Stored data
★ ★ ★ ★

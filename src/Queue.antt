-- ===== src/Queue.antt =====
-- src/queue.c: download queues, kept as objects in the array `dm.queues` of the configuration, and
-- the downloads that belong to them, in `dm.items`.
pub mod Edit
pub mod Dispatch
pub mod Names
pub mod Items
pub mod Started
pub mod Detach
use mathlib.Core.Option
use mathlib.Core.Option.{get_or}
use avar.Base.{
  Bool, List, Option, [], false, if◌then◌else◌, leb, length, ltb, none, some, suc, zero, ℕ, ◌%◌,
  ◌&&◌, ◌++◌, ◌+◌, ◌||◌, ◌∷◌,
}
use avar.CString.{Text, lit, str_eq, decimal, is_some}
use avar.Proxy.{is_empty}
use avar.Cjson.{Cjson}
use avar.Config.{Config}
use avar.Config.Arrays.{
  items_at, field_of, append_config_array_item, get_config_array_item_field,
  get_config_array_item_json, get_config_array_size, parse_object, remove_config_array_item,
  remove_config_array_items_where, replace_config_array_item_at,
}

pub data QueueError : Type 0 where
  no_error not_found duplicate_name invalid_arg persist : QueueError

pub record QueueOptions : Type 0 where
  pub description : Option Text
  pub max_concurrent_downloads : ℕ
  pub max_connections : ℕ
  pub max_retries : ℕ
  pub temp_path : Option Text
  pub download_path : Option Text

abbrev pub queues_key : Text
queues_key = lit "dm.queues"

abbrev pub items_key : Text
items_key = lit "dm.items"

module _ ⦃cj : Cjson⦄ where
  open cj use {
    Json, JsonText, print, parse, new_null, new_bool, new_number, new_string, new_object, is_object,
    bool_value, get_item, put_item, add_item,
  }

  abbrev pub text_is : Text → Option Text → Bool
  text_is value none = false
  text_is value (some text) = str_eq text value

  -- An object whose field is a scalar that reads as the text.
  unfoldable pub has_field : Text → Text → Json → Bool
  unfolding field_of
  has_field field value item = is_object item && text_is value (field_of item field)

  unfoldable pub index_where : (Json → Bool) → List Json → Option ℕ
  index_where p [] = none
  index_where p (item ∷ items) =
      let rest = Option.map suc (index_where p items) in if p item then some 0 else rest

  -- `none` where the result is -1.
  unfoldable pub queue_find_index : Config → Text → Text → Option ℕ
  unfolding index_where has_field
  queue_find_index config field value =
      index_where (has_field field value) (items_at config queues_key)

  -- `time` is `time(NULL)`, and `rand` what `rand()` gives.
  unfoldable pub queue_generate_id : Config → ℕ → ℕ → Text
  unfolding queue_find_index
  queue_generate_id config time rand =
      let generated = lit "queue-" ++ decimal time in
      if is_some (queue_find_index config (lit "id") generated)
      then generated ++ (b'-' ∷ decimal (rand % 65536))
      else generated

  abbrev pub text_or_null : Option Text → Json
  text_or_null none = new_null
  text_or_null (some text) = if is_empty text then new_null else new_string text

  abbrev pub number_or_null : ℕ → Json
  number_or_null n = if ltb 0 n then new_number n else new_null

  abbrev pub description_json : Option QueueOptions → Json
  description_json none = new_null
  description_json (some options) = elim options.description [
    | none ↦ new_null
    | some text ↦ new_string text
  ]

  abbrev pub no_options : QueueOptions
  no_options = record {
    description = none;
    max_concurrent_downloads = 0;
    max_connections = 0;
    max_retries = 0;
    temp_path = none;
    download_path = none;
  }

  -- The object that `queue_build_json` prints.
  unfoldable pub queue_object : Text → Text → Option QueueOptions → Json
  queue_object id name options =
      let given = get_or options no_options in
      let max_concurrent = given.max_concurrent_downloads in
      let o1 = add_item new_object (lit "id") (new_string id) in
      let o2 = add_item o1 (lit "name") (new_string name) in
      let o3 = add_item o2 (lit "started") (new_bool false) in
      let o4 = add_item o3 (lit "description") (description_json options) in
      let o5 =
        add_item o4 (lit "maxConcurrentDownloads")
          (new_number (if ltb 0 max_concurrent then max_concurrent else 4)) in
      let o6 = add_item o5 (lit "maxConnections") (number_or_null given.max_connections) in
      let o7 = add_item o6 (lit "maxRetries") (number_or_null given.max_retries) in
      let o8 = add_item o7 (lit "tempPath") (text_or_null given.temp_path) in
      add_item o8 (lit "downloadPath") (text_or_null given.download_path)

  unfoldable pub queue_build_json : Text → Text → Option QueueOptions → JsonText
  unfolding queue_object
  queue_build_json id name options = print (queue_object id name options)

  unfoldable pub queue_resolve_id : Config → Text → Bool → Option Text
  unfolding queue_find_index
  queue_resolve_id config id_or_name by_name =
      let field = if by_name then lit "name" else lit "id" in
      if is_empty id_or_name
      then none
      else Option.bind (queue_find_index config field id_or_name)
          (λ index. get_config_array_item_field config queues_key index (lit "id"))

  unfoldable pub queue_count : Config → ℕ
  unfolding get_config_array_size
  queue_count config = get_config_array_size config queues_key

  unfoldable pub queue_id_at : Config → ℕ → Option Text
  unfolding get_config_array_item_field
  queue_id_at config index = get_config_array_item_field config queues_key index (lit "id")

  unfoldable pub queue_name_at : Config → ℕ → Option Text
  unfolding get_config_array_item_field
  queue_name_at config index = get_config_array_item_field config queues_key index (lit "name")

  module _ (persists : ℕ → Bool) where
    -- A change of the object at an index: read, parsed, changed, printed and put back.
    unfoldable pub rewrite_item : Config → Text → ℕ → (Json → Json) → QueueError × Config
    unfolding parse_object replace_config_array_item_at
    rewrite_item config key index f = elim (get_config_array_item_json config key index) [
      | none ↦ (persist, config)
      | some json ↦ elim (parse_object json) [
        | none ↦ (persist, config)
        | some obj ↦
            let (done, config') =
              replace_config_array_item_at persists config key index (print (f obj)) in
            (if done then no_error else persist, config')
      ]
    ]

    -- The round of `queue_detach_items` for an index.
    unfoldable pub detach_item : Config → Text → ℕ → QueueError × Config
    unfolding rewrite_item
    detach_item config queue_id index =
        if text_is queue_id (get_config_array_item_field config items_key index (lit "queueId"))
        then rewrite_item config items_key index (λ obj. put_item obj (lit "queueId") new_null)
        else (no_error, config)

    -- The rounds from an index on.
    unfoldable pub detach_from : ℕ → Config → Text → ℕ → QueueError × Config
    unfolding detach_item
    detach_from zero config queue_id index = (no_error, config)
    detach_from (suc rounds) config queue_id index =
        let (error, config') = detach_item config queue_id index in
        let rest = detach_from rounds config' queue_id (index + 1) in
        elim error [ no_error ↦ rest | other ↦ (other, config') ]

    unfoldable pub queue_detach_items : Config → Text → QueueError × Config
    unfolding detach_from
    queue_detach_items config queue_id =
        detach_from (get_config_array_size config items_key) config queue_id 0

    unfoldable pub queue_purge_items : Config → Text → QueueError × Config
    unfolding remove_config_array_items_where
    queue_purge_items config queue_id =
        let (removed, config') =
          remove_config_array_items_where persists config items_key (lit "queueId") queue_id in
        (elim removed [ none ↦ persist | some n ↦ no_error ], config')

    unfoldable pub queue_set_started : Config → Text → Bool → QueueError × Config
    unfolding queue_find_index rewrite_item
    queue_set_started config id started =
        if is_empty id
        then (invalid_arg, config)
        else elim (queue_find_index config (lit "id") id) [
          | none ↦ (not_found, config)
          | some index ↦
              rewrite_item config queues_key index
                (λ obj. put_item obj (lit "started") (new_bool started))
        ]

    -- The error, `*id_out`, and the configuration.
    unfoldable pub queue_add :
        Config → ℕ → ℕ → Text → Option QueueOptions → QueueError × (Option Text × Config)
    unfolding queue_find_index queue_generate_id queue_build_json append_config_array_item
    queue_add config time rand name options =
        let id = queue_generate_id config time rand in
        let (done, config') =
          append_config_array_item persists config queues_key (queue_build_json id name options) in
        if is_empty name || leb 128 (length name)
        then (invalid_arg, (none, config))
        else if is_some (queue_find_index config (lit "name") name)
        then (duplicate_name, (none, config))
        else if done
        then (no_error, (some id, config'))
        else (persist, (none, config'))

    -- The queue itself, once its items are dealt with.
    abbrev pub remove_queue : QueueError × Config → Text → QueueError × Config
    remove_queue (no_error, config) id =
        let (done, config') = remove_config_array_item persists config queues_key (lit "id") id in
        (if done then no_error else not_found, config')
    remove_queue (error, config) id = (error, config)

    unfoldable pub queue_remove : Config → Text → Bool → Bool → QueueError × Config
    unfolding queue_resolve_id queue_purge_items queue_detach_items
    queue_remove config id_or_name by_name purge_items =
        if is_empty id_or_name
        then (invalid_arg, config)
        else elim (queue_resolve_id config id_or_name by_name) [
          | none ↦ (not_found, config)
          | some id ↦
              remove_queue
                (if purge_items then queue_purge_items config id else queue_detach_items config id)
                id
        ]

★ ★ ★ ★

### TASK DETAILS
Go through the entries above and report every line in which the word "mathlib" appears.

### FINISHED TASK
use mathlib.Core.Option
use mathlib.Core.Option.{get_or}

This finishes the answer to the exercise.